Per the ISLR package we know that Default is a data frame with 10,000 observations on the following 4 variables.

default: a factor with levels No and Yes indicating whether the customer defaulted on their debt

student: a factor with levels No and Yes indicating whether the customer is a student

balance: the average balance that the customer has remaining on their credit card after making their monthly payment

income: Income of customer

summary(Default)
##  default    student       balance           income     
##  No :9667   No :7056   Min.   :   0.0   Min.   :  772  
##  Yes: 333   Yes:2944   1st Qu.: 481.7   1st Qu.:21340  
##                        Median : 823.6   Median :34553  
##                        Mean   : 835.4   Mean   :33517  
##                        3rd Qu.:1166.3   3rd Qu.:43808  
##                        Max.   :2654.3   Max.   :73554

We need to first split our data into training and validation sets.

set.seed(1)
n <- nrow(Default)
ntest <- trunc(n/5)
testid <- sample(1:n, ntest)
y_test <- Default$default[testid] == 'Yes'

One thing to note above is that our default variable is No (if the Default is FALSE) and Yes (if the Default is TRUE).

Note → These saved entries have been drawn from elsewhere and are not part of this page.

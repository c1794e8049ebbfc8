-- ===== src/Kernel/Buddy/Free.antt =====
-- `genericFreeRec` on the nodes does what `release_at` does on the tree.
use tp_so.Base.{
  ℕ, zero, suc, ◌+◌, ◌*◌, ◌^◌, ◌≤◌, ◌<◌, ◌≡◌, inl, inr, refl, ap, ◌∙◌, some, ltb, ◌==◌, arith,
  Bool-cases,
}
use tp_so.Base.Maybe.{Returns, Returns-bind}
use tp_so.Ipc.Buffer.{null}
use tp_so.Kernel.Buddy.{
  MemNode, is_empty, BuddyMemoryManager, mem_node_size, end_recursive_call, free_rec,
}
use tp_so.Kernel.Buddy.Tree.{
  Part, free, used, halves, status_of, left_at, right_at, half_of, Stands, release_at, rejoin,
}
use tp_so.Kernel.Buddy.Frame.{
  is_empty-eq, Same, Stands-Same, end-eq, end-off, end-Stands, update_at, update_off,
}
use tp_so.Kernel.Buddy.Call.{half-depth}
use tp_so.Kernel.Buddy.Freed.{
  Freed, settle, untouched, give-back, free_node-free, free_node-other, free_node-here,
  free_node-left, free_node-right,
}

-- Within a call on the part at `a`, which began in `m0`: the node's halves stand for `l` and `r`.
record Between (m0 m : BuddyMemoryManager) (a s : ℕ) (l r : Part) : Type 0 where
  size : (m.nodes a).size ≡ s
  to_left : (m.nodes a).left ≡ left_at a
  to_right : (m.nodes a).right ≡ right_at a s
  stands_left : Stands m.nodes (left_at a) (half_of s) l
  stands_right : Stands m.nodes (right_at a s) (half_of s) r
  before : (c : ℕ) → c < a → m.nodes c ≡ m0.nodes c
  after : (c : ℕ) → left_at a + s ≤ c → m.nodes c ≡ m0.nodes c
  same_root : m.root ≡ m0.root

module _ (m0 : BuddyMemoryManager) (a s : ℕ) (above : 0 < a) (wide : 2 * mem_node_size ≤ s) where
  settle-Freed :
      (m : BuddyMemoryManager) (l r : Part)
      → Between m0 m a s l r
      → Freed m0 a s (rejoin l r) (settle m a)
  unfolding Stands
  settle-Freed m l r h =
      let off = end-off m a s l r h.size h.to_left h.to_right wide h.stands_left h.stands_right in
      let m2 = end_recursive_call m a in
      let st = end-Stands m a s l r h.size h.to_left h.to_right wide h.stands_left h.stands_right in
      let same =
        (end-eq m a s l r h.size h.to_left h.to_right wide h.stands_left h.stands_right).1
        ∙ h.same_root in
      elim (Bool-cases (is_empty (status_of (halves l r)))) [
        | inl e ↦
            let at = update_at m2.nodes a (record (m2.nodes a) { right = null; left = null }) in
            let here = ap is_empty st.0.1 ∙ e in
            rw (e, here)
              (record {
                stands = rw at (st.0.0, st.0.1 ∙ is_empty-eq _ e, refl, refl);
                before = λ c i.
                    update_off m2.nodes a c _ (omega arith) ∙ off c (omega arith) ∙ h.before c i;
                after = λ c i.
                    update_off m2.nodes a c _ (omega arith) ∙ off c (omega arith) ∙ h.after c i;
                same_root = same;
              })
        | inr e ↦
            let here = ap is_empty st.0.1 ∙ e in
            rw (e, here)
              (record {
                stands = st;
                before = λ c i. off c (omega arith) ∙ h.before c i;
                after = λ c i. off c (omega arith) ∙ h.after c i;
                same_root = same;
              })
      ]

  -- What the call on a half leaves.
  after-left :
      (m : BuddyMemoryManager) (l r t : Part) (out : BuddyMemoryManager)
      → Between m0 m a s l r
      → Freed m (left_at a) (half_of s) t out
      → Between m0 out a s t r
  after-left m l r t out h k =
      let same : Same m.nodes out.nodes (right_at a s) (left_at (right_at a s) + half_of s) =
        λ c i j. k.after c (omega arith) in
      let here = k.before a (omega arith) in
      record {
        size = ap (λ (n : MemNode). n.size) here ∙ h.size;
        to_left = ap (λ (n : MemNode). n.left) here ∙ h.to_left;
        to_right = ap (λ (n : MemNode). n.right) here ∙ h.to_right;
        stands_left = k.stands;
        stands_right = Stands-Same m.nodes _ (right_at a s) (half_of s) r same h.stands_right;
        before = λ c i. k.before c (omega arith) ∙ h.before c i;
        after = λ c i. k.after c (omega arith) ∙ h.after c i;
        same_root = k.same_root ∙ h.same_root;
      }

  after-right :
      (m : BuddyMemoryManager) (l r t : Part) (out : BuddyMemoryManager)
      → Between m0 m a s l r
      → Freed m (right_at a s) (half_of s) t out
      → Between m0 out a s l t
  after-right m l r t out h k =
      let same : Same m.nodes out.nodes (left_at a) (left_at (left_at a) + half_of s) =
        λ c i j. k.before c (omega arith) in
      let here = k.before a (omega arith) in
      record {
        size = ap (λ (n : MemNode). n.size) here ∙ h.size;
        to_left = ap (λ (n : MemNode). n.left) here ∙ h.to_left;
        to_right = ap (λ (n : MemNode). n.right) here ∙ h.to_right;
        stands_left = Stands-Same m.nodes _ (left_at a) (half_of s) l same h.stands_left;
        stands_right = k.stands;
        before = λ c i. k.before c (omega arith) ∙ h.before c i;
        after = λ c i. k.after c (omega arith) ∙ h.after c i;
        same_root = k.same_root ∙ h.same_root;
      }

between :
    (m : BuddyMemoryManager) (a s : ℕ) (l r : Part)
    → Stands m.nodes a s (halves l r)
    → Between m m a s l r
unfolding Stands
between m a s l r g = record {
  size = g.0.0;
  to_left = g.0.2;
  to_right = g.0.3;
  stands_left = g.2;
  stands_right = g.3;
  before = λ c h. refl;
  after = λ c h. refl;
  same_root = refl;
}

-- A call at most `suc d` deep does what `release_at` does on the tree.
pub free_rec-release :
    (d : ℕ) (m : BuddyMemoryManager) (a s : ℕ) (p : Part) (q : ℕ)
    → 0 < a
    → Stands m.nodes a s p
    → s < 2 ^ d
    → Returns (Freed m a s (release_at a s p q)) (free_rec (suc d) m a q)
unfolding free_rec release_at Stands
free_rec-release d m a s free q above g deep =
    rw (free_node-free (free_rec d) m a q above s g) (untouched m a s free g)
free_rec-release d m a s used q above g deep = elim (Bool-cases (a + mem_node_size == q)) [
  | inl e ↦ rw (free_node-here (free_rec d) m a q above s g e, e) (give-back m a s s g)
  | inr e ↦ rw (free_node-other (free_rec d) m a q above s g e, e) (untouched m a s used g)
]
free_rec-release zero m a s (halves l r) q above g deep = absurd (omega (arith, g.1))
free_rec-release (suc d) m a s (halves l r) q above g deep =
    let h = between m a s l r g in
    elim (Bool-cases (ltb q (right_at a s + mem_node_size))) [
      | inl e ↦
          rw
            (
              free_node-left (free_rec (suc d)) m a q above (left_at a) (right_at a s) g.0.2 g.0.3
                  (omega arith) e,
              e,
            )
            (Returns-bind _ _ (free_rec (suc d) m (left_at a) q) (λ m1. some (settle m1 a))
              (free_rec-release d m (left_at a) (half_of s) l q (omega arith) g.2
                (half-depth d s deep))
              (λ out k.
                settle-Freed m a s above g.1 out _ r (after-left m a s above g.1 m l r _ out h k)))
      | inr e ↦
          rw
            (
              free_node-right (free_rec (suc d)) m a q above (left_at a) (right_at a s) g.0.2 g.0.3
                  (omega arith) e,
              e,
            )
            (Returns-bind _ _ (free_rec (suc d) m (right_at a s) q) (λ m1. some (settle m1 a))
              (free_rec-release d m (right_at a s) (half_of s) r q (omega arith) g.3
                (half-depth d s deep))
              (λ out k.
                settle-Freed m a s above g.1 out l _ (after-right m a s above g.1 m l r _ out h k)))
    ]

Let’s train our linear logistic regression model and then assess it on the validation set. In our model it will predict Default Yes if the probability of Default is greater than 0.5. In other words, our model will predict \(P(\text{Default} | X)\). If this probability is greater than 0.5, then our model will classify \(X\) as a Default TRUE. Otherwise, it will classify \(X\) as a Default FALSE.

ll.reg <- glm(default~student+balance+income,family="binomial",data=Default[-testid,])
ll.pred <- predict(ll.reg, data=Default[testid,], type='response') > 0.5
ll.accuracy = mean(ll.pred == y_test)
ll.accuracy
## [1] 0.95225

Our linear logistic regression model performs well on this validation set with accuracy around 95%.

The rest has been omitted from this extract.